Davos süreci içerisinde başlayan ikili iletişim ve görüşmeler ise taraflar arasındaki sorunların çözümlenmesine yönelik olmaktan ziyade, iki ülke arasındaki güven ortamı ve doğrudan iletişimin yeniden kurularak geleceğe yönelik bir zeminin hazırlanmasını hedefliyor. Bu bağlamda, kıta sahasına ilişkin uyuşmazlık konusunun daha uzun süre çözümlenemeyeceği söylenebilir.

Advertisement

Yunanistan, sorununun Uluslararası Adalet Divanı’na götürülerek çözümlenmesi önerisinde ısrar ederken Türkiye, ilke olarak bu fikre ılımlı yaklaşmakla birlikte, iki ülke arasında doğrudan görüşmeler yapılarak bir çözüme ulaşılmasını istiyor ve daha önce Divan’a gidilmesine karşı çıkıyor.

Bu gelişmeler çerçevesinde Yunanistan, kıta sahanlığına ilişkin beklentilerini, özellikle ulusal karasularını 6 milden 12 mile çıkarma hakkını kullanabileceği bir ulusal/uluslararası ortam beklentisi içerisine girmiş gözüküyor. Türkiye’nin böyle bir kararı savaş nedeni olarak değerlendirmesi, Yunanistan’ın bu göndeki çabalarını şu an için engelliyor.

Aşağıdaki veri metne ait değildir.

-- ===== src/IndexMap/Access.antt =====
-- Reading and writing an element in place.
use rinklers.Prelude.{
  ℕ, ◌<◌, ◌≡◌, refl, sym, ◌∙◌, inl, inr, none, some, done, panicked, length, get_elem?, set,
  get_elem?-set, lt-length, Option-cases, arith, if◌then◌else◌, ◌==◌,
}
use rinklers.IndexMap.{element, empty, IndexMap, index, index_mut}
use rinklers.IndexMap.Invariant.{view, link, IsValid, Chain-cong}

module _ {ℓ} {E : Type ℓ} where
  element-view :
      (m : IndexMap E) (i : ℕ) (e : E)
      → view m i ≡ some e
      → get_elem? m.entries i ≡ some (element e)
  element-view m i e h = elim (Option-cases (get_elem? m.entries i)) [
    | inl k ↦ ground arith
    | inr (element x, k) ↦ ground arith
    | inr (empty n, k) ↦ ground arith
  ]

  pub view-inside : (m : IndexMap E) (i : ℕ) (e : E) → view m i ≡ some e → i < length m.entries
  view-inside m i e h = lt-length m.entries i (element-view m i e h)

  -- Reading succeeds exactly at an element; at an empty entry and out of range it panics.
  pub index-view :
      (m : IndexMap E) (i : ℕ) → index m i ≡ elim (view m i) [ none ↦ panicked | some e ↦ done e ]
  unfolding index
  index-view m i = elim (Option-cases (get_elem? m.entries i)) [
    | inl k ↦ ground arith
    | inr (element x, k) ↦ ground arith
    | inr (empty n, k) ↦ ground arith
  ]

  -- What a write of `f e` over the element `e` at the index `i` gives.
  pub record Written (m : IndexMap E) (i : ℕ) (e : E) (m' : IndexMap E) : Type ℓ where
    pub valid : IsValid m'
    pub held : (j : ℕ) → view m' j ≡ (if i == j then some e else view m j)

  pub index_mut-Written :
      (m : IndexMap E) (i : ℕ) (f : E → E) (e : E)
      → IsValid m
      → view m i ≡ some e
      → (m' : IndexMap E) × (index_mut m i f ≡ done m') × Written m i (f e) m'
  unfolding index_mut
  index_mut-Written m i f e v h = (
    record m { entries = set m.entries i (element (f e)) },
    rw (index_at) refl,
    record {
      valid = record {
        free = v.free;
        chain = Chain-cong (link m.entries) _ m.next_empty v.free (λ j k. link_same j) v.chain;
        distinct = v.distinct;
        covers = λ j n k. v.covers j n (sym (link_same j) ∙ k);
      };
      held = λ j. ground (arith, get_elem?-set m.entries i j (element (f e)) inside);
    },
  )
    where
      at : get_elem? m.entries i ≡ some (element e)
      at = element-view m i e h

      index_at : index m i ≡ done e
      index_at = index-view m i ∙ ground (arith, h)

      inside : i < length m.entries
      inside = lt-length m.entries i at

      link_same : (j : ℕ) → link (set m.entries i (element (f e))) j ≡ link m.entries j
      link_same j = ground (arith, at, get_elem?-set m.entries i j (element (f e)) inside)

Bununla birlikte, Aralık 1999’da gerçekleşen AB Helsinki Zirvesi’nde varılan mutabakat sonucu, Türkiye ile Yunanistan arasında Ege Denizi’ne ilişkin sorunların 2004 yılına kadar ikili görüşmeler yoluyla çözümlenmesi, çözümlenemediği takdirde Uluslararası Adalet Divanı’na götürülmesine ilişkin sürecin başlatılması kararlaştırılmıştı. İki ülkenin dışişleri müsteşarları, Mart 2002’den bu yana her ay düzenli bir şekilde bir araya gelip Ege sorunlarını görüşüyorlar. Uyuşmazlık konularının 2004 sonuna kadar çözümlenmesine ilişkin girişimlerin sonuç verip vermeyeceği belirsiz ancak taraflar daha iyimser gözüküyorlar. Türkiye ile Yunanistan’ın bu “keşif amaçlı” görüşmeler sonunda, Ege sorunları üzerinde müzakerelere başlama kararı aldıklarını açıklamaları bile iki ülke ilişkilerinde çok önemli bir sıçramayı gösterecek.